Peser sur la réunion de rentrée
Après avoir envisagé dans un premier temps de se séparer de Jerome Powell, ce qui a été très mal perçu par les marchés financiers, le chef d’Etat américain a donc décidé de s’en prendre au conseil des gouverneurs, l’organe qui dirige la Fed et dont Jerome Powell assure la présidence.
Sur les sept membres qui le constituent, deux semblent sur la même ligne que le président – et briguent par ailleurs le poste de Jerome Powell, dont le mandat s’achève en mai 2026. Donald Trump a pu pourvoir, début août, un siège laissé vacant par une gouverneure démissionnaire avec l’un de ses proches conseillers, Stephen Miran.
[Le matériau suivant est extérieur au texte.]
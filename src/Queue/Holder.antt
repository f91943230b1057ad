-- ===== src/Queue/Holder.antt =====
-- `complete`, `fail` and `release`: they touch the row of their job, and only its owner does.
use mathlib.Core.Option
use ca_dns.Prelude.{
  ℕ, ◌≡◌, refl, sym, ◌∙◌, ◌≢◌, inl, inr, true, false, not, none, some, arith, Bool-cases,
  Option-cases,
}
use ca_dns.Prelude.Text.{Text, text_eq, text_eq_refl, text_eq_iff}
use ca_dns.Queue.{
  Job, QueuePolicy, Row, Table, is_owner, holds, complete, failed_row, fail, released_row, release,
}
use ca_dns.Queue.Rows.{find, Distinct, on_row, find-update_where, keep_if, find-filter}
use ca_dns.Queue.Members.{find→In}

module _ (job : Job) (worker_id : Text) (table : Table) where
  pub find-complete :
      (e : Text)
      → Distinct table
      → find e (complete job worker_id table)
        ≡ keep_if (λ row. not (holds job worker_id row)) (find e table)
  unfolding complete
  find-complete e d = find-filter (λ row. not (holds job worker_id row)) e table d

  pub find-release :
      (e : Text)
      → find e (release job worker_id table)
        ≡ Option.map (on_row (holds job worker_id) released_row) (find e table)
  unfolding release
  find-release e = find-update_where (holds job worker_id) released_row (λ row. refl) e table

module _ (policy : QueuePolicy) (now : ℕ) (job : Job) (worker_id : Text) (error : Text)
    (table : Table) where
  pub find-fail :
      (e : Text)
      → find e (fail policy now job worker_id error table).1
        ≡ Option.map (on_row (holds job worker_id) (failed_row policy now error job)) (find e table)
  unfolding fail
  find-fail e =
      find-update_where (holds job worker_id) (failed_row policy now error job) (λ row. refl) e
        table

  pub not_held :
      (e : Text) (row : Row)
      → Distinct table
      → find e table ≡ some row
      → holds job worker_id row ≡ false
      → (find e (complete job worker_id table) ≡ some row)
        × (find e (fail policy now job worker_id error table).1 ≡ some row)
        × (find e (release job worker_id table) ≡ some row)
  not_held e row d found h = (
    rw (find-complete job worker_id table e d, found, h) refl,
    rw (find-fail e, found, h) refl,
    rw (find-release job worker_id table e, found, h) refl,
  )

  not_there :
      (e : Text)
      → Distinct table
      → find e table ≡ none
      → (find e (complete job worker_id table) ≡ none)
        × (find e (fail policy now job worker_id error table).1 ≡ none)
        × (find e (release job worker_id table) ≡ none)
  not_there e d absent = (
    rw (find-complete job worker_id table e d, absent) refl,
    rw (find-fail e, absent) refl,
    rw (find-release job worker_id table e, absent) refl,
  )

  -- When a worker holds the lock on its job's row, `complete` removes the row, `fail` writes the
  -- failure to it and returns its new state, and `release` unlocks it and takes back one attempt.
  pub holder_row :
      (row : Row)
      → Distinct table
      → find job.domain table ≡ some row
      → row.locked_by ≡ some worker_id
      → (find job.domain (complete job worker_id table) ≡ none)
        × (find job.domain (fail policy now job worker_id error table).1
            ≡ some (failed_row policy now error job row))
        × ((fail policy now job worker_id error table).0
            ≡ (failed_row policy now error job row).state)
        × (find job.domain (release job worker_id table) ≡ some (released_row row))
  unfolding fail
  holder_row row d found owner =
      let (there, e) = find→In job.domain table row found in
      let held : holds job worker_id row ≡ true =
        ground (arith, e, owner, text_eq_refl job.domain, text_eq_refl worker_id) in
      (
        rw (find-complete job worker_id table job.domain d, found, held) refl,
        rw (find-fail job.domain, found, held) refl,
        refl,
        rw (find-release job worker_id table job.domain, found, held) refl,
      )

  -- A worker whose job's row is gone, or is locked by nobody or by someone else, changes the row of
  -- no domain by `complete`, `fail` or `release`.
  pub lost_lock :
      (e : Text)
      → Distinct table
      → ((row : Row) → find job.domain table ≡ some row → is_owner worker_id row.locked_by ≡ false)
      → (find e (complete job worker_id table) ≡ find e table)
        × (find e (fail policy now job worker_id error table).1 ≡ find e table)
        × (find e (release job worker_id table) ≡ find e table)
  lost_lock e d lost = elim (Option-cases (find e table)) [
    | inl absent ↦ rw absent (not_there e d absent)
    | inr (row, found) ↦
        let (there, same) = find→In e table row found in
        rw found (
          not_held e row d found (elim (Bool-cases (text_eq row.domain job.domain)) [
            | inl at_job ↦
                let at : e ≡ job.domain = sym same ∙ (text_eq_iff row.domain job.domain).0 at_job in
                ground (arith, lost row (rw (sym at) found))
            | inr elsewhere ↦ ground (arith, elsewhere)
          ]))
  ]

  -- No other domain's row changes, whoever holds the lock.
  pub other_rows :
      (e : Text)
      → Distinct table
      → e ≢ job.domain
      → (find e (complete job worker_id table) ≡ find e table)
        × (find e (fail policy now job worker_id error table).1 ≡ find e table)
        × (find e (release job worker_id table) ≡ find e table)
  other_rows e d other = elim (Option-cases (find e table)) [
    | inl absent ↦ rw absent (not_there e d absent)
    | inr (row, found) ↦
        let (there, same) = find→In e table row found in
        rw found (
          not_held e row d found (elim (Bool-cases (text_eq row.domain job.domain)) [
            | inl at_job ↦ absurd (other (sym same ∙ (text_eq_iff row.domain job.domain).0 at_job))
            | inr elsewhere ↦ ground (arith, elsewhere)
          ]))
  ]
En ordonnant la démission de Lisa Cook, il s’assure un quatrième siège à sa main.
Donald Trump espère notamment peser sur la réunion de rentrée de la Fed, à la mi-septembre. Les sept gouverneurs doivent se réunir, avec cinq autres présidents de réserves fédérales locales, pour décider d’une éventuelle baisse des taux. Jerome Powell a indiqué lors de son discours, vendredi 22 août, au « symposium » de la banque centrale, à Jackson Hole (Wyoming), que la tendance allait plutôt dans ce sens. Mais fidèle à sa ligne prudente, il s’est laissé des portes ouvertes, en attendant notamment les prochains chiffres du chômage et des prix à la consommation début septembre. Ce qui a pour effet d’agacer la Maison Blanche.
Il n’est pas certain que Stephen Miran puisse participer à cette réunion. Les nominations à la Fed se font sur proposition du président, mais elles doivent être confirmées par le Sénat. Elles sont normalement effectives pour quatorze ans. Une durée longue pour permettre aux gouverneurs de s’affranchir des considérations politiques. En accélérant le processus, Donald Trump touche à l’indépendance de la Fed, l’un des piliers du système économique américain.